Using the material below, print the line that contains "tabulated first rest f count h zero", the line that contains "degrees_from_lem g first zero", and every line in between, exactly and nothing else.

Supplied data:
══════════════════════════════
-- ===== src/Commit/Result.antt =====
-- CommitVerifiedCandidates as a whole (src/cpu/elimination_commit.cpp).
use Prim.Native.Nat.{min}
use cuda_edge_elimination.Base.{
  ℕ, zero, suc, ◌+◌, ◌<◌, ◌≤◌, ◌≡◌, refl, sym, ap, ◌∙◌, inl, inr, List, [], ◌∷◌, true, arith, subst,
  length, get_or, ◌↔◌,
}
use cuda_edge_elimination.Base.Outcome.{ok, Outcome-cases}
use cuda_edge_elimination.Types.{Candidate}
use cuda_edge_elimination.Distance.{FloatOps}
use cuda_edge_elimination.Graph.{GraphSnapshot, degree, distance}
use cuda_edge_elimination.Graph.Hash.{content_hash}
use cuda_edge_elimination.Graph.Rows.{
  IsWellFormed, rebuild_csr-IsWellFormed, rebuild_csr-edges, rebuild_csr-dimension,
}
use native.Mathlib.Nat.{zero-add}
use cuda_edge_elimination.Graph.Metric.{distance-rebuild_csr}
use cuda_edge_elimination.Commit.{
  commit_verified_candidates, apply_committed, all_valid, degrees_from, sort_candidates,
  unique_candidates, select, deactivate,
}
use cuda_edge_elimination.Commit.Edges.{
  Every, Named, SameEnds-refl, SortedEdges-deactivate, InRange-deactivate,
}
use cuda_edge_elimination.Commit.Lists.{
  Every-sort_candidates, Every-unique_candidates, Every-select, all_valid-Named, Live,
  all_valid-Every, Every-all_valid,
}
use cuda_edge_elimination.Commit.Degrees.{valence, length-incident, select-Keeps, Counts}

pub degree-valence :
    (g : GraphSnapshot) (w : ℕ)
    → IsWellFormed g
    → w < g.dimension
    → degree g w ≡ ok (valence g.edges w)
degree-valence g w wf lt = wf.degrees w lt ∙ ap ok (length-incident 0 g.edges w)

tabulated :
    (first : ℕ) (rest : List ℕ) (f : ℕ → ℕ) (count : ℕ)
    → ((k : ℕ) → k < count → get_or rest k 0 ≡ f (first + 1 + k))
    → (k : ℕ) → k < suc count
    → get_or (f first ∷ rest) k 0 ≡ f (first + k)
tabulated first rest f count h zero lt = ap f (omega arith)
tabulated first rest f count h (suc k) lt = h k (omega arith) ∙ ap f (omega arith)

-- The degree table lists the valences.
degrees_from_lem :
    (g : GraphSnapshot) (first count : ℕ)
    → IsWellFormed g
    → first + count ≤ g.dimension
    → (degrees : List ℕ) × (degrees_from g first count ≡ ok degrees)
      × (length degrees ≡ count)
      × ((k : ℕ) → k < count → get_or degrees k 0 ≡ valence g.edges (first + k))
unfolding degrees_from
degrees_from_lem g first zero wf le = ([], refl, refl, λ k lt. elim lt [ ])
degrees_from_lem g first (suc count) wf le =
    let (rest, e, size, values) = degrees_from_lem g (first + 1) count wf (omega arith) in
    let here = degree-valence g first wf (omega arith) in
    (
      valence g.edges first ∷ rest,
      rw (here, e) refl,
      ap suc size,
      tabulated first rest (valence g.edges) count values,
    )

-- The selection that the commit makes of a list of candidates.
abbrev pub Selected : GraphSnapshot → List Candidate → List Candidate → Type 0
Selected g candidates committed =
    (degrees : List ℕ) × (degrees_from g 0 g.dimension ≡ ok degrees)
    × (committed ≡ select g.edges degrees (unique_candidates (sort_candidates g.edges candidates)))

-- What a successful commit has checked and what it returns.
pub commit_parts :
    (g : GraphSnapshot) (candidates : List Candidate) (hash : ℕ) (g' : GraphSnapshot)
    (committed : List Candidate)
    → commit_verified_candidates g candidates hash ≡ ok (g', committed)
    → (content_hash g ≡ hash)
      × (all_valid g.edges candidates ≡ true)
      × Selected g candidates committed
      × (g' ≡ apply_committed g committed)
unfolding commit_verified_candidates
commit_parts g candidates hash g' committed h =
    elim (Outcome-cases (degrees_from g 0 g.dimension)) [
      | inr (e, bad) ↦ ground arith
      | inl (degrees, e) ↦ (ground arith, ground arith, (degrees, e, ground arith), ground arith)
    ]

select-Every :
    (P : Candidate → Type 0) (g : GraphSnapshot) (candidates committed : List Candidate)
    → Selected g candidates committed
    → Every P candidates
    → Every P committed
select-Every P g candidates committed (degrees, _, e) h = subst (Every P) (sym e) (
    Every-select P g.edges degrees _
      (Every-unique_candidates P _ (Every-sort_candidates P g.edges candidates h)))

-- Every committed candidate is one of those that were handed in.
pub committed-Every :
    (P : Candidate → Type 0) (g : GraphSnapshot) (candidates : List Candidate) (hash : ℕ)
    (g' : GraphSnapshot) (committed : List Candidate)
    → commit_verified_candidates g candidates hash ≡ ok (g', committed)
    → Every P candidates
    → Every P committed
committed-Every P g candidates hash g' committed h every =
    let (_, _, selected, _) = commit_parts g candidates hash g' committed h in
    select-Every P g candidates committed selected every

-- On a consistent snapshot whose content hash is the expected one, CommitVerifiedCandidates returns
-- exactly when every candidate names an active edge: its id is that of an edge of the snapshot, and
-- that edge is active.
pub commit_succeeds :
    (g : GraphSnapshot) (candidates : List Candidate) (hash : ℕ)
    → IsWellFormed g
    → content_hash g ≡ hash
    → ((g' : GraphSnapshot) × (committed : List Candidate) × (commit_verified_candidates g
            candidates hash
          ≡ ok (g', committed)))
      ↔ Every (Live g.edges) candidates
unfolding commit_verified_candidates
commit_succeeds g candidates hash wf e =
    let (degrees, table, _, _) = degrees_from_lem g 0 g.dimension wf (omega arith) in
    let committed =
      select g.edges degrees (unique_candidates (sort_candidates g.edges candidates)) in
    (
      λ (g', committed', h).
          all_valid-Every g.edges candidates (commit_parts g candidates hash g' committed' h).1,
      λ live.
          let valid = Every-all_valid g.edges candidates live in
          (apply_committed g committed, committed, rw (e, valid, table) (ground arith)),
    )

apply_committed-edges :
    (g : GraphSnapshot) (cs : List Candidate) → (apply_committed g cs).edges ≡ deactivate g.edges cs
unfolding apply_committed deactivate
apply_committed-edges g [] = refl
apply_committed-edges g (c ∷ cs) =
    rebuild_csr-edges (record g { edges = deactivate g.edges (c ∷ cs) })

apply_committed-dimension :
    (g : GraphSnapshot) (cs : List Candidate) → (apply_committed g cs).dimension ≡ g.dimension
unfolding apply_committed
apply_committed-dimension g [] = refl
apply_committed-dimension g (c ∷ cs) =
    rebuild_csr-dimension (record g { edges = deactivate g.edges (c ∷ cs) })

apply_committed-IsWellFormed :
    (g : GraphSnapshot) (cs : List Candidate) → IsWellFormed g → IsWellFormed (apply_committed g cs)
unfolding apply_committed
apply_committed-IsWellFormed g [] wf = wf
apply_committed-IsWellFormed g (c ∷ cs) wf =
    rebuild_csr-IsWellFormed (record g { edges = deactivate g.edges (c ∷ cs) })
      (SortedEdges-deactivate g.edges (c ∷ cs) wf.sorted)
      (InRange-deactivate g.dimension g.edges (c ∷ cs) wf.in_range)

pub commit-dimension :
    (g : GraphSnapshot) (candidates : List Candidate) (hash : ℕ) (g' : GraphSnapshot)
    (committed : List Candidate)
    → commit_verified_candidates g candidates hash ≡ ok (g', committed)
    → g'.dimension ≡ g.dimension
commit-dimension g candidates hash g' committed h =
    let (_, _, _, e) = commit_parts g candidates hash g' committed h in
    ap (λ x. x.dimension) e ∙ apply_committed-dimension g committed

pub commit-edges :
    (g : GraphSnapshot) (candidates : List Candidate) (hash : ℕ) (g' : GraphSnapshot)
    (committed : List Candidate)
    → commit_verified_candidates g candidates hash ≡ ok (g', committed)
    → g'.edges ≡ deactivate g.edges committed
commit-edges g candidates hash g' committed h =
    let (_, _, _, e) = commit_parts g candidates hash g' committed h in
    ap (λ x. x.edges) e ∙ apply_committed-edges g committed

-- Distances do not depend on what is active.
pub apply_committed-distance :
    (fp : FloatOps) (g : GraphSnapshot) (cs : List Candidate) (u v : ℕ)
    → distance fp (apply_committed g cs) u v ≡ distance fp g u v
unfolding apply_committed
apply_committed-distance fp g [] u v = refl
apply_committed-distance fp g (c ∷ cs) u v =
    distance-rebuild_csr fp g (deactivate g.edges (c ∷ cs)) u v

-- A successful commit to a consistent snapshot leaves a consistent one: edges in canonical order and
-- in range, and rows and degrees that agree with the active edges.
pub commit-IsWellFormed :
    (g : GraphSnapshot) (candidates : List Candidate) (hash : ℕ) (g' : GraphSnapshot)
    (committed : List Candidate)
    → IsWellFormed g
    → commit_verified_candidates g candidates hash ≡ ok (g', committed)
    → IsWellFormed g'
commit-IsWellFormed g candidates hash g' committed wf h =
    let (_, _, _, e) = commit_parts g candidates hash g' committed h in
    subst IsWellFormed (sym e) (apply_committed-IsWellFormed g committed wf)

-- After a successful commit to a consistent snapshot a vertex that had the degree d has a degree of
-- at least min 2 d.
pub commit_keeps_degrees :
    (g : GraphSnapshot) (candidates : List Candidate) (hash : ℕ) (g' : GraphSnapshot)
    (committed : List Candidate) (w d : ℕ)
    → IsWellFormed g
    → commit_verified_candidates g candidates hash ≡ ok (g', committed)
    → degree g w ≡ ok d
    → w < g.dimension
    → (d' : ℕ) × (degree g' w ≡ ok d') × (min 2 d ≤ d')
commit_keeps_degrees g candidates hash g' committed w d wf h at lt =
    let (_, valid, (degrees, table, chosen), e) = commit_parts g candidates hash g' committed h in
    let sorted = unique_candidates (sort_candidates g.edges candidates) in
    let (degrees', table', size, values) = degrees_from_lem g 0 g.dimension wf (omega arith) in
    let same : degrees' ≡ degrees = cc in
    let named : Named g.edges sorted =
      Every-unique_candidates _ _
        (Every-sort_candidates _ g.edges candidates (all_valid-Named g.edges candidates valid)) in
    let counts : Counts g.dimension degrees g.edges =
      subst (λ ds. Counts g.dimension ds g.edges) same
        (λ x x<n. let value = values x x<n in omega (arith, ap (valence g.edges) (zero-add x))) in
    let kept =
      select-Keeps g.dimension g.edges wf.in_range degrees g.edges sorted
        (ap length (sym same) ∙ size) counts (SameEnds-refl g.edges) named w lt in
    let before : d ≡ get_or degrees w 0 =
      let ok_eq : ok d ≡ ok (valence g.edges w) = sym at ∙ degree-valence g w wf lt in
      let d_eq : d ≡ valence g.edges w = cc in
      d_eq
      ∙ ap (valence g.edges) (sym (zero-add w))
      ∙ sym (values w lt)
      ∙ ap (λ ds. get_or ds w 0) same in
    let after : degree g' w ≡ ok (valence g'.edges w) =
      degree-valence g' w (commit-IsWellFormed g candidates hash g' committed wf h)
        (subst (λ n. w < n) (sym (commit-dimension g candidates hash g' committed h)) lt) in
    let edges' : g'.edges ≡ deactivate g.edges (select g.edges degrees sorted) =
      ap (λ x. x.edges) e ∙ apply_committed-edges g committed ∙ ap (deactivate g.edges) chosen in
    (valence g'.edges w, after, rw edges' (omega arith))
══════════════════════════════
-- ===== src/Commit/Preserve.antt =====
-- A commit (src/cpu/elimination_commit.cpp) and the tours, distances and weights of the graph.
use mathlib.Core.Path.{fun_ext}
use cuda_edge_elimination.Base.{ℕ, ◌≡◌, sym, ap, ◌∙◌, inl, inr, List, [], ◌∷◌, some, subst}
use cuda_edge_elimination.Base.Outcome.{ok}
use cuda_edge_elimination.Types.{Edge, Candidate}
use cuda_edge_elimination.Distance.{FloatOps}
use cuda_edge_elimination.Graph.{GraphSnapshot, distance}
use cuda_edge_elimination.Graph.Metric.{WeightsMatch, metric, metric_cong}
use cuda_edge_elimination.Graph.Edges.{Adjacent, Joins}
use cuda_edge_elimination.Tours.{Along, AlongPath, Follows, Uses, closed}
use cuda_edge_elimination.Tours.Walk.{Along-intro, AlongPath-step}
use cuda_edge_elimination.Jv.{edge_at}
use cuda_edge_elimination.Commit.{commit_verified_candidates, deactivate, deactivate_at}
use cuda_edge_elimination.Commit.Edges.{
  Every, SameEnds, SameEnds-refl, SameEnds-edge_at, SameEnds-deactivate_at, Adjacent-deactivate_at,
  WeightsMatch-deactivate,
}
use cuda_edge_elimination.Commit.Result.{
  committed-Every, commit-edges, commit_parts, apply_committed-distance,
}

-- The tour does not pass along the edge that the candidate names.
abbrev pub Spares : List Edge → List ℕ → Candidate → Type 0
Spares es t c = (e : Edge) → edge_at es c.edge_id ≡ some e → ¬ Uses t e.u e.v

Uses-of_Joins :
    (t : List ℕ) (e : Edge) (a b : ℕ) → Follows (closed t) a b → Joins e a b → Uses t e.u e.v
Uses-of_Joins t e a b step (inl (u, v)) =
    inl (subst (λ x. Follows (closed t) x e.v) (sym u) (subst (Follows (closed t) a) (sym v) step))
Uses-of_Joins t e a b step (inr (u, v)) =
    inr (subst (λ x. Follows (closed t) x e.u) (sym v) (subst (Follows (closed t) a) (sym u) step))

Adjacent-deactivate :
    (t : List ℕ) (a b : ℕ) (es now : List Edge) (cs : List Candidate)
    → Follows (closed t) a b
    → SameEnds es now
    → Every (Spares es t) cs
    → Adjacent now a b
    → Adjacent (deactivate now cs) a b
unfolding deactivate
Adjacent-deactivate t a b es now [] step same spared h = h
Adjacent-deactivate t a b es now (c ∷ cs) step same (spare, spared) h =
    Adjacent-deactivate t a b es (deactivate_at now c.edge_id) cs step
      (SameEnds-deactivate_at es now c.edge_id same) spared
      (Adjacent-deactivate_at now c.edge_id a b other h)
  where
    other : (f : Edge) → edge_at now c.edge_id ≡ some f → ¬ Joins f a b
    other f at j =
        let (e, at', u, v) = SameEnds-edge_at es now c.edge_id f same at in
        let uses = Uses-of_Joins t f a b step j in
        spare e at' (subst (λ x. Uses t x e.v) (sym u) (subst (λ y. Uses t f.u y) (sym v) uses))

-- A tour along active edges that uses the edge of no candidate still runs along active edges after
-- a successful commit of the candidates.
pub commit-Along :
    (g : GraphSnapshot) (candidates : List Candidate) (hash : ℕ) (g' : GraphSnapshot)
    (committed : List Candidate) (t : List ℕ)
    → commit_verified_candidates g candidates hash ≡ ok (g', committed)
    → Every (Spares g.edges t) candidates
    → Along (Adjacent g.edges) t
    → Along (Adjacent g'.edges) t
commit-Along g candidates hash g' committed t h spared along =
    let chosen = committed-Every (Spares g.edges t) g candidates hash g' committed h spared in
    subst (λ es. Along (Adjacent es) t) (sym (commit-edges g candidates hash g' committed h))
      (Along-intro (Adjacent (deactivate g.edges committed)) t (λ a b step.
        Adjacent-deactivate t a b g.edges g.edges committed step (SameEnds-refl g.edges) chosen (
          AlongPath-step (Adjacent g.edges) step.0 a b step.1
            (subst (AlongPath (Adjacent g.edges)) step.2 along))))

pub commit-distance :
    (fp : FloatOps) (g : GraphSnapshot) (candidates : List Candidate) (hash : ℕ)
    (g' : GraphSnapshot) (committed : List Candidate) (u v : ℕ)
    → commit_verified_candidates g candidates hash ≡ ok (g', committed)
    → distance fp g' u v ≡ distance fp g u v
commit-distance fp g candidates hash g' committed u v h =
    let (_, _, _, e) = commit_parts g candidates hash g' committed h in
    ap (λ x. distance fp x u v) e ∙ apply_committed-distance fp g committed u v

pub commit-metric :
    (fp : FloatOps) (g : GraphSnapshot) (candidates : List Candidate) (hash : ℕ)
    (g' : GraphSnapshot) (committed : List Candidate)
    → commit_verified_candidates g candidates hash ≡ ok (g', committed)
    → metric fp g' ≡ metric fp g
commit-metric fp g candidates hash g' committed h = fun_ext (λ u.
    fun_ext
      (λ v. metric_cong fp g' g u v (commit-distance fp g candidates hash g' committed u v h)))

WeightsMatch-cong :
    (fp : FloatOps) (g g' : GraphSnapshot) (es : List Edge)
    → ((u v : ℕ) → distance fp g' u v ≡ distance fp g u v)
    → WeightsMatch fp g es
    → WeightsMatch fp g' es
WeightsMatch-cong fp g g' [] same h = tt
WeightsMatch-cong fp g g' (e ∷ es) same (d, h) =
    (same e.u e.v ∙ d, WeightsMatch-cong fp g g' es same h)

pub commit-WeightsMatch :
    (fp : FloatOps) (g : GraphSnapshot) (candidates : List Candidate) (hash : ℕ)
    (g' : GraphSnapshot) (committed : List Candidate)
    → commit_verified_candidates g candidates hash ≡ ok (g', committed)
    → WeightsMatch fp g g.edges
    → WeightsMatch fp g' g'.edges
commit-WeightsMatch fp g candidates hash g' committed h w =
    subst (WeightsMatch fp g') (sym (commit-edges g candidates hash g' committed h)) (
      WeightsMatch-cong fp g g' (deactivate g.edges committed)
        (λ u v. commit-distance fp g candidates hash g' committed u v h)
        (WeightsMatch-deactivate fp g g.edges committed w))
══════════════════════════════
Response to this task:
tabulated first rest f count h zero lt = ap f (omega arith)
tabulated first rest f count h (suc k) lt = h k (omega arith) ∙ ap f (omega arith)

-- The degree table lists the valences.
degrees_from_lem :
    (g : GraphSnapshot) (first count : ℕ)
    → IsWellFormed g
    → first + count ≤ g.dimension
    → (degrees : List ℕ) × (degrees_from g first count ≡ ok degrees)
      × (length degrees ≡ count)
      × ((k : ℕ) → k < count → get_or degrees k 0 ≡ valence g.edges (first + k))
unfolding degrees_from
degrees_from_lem g first zero wf le = ([], refl, refl, λ k lt. elim lt [ ])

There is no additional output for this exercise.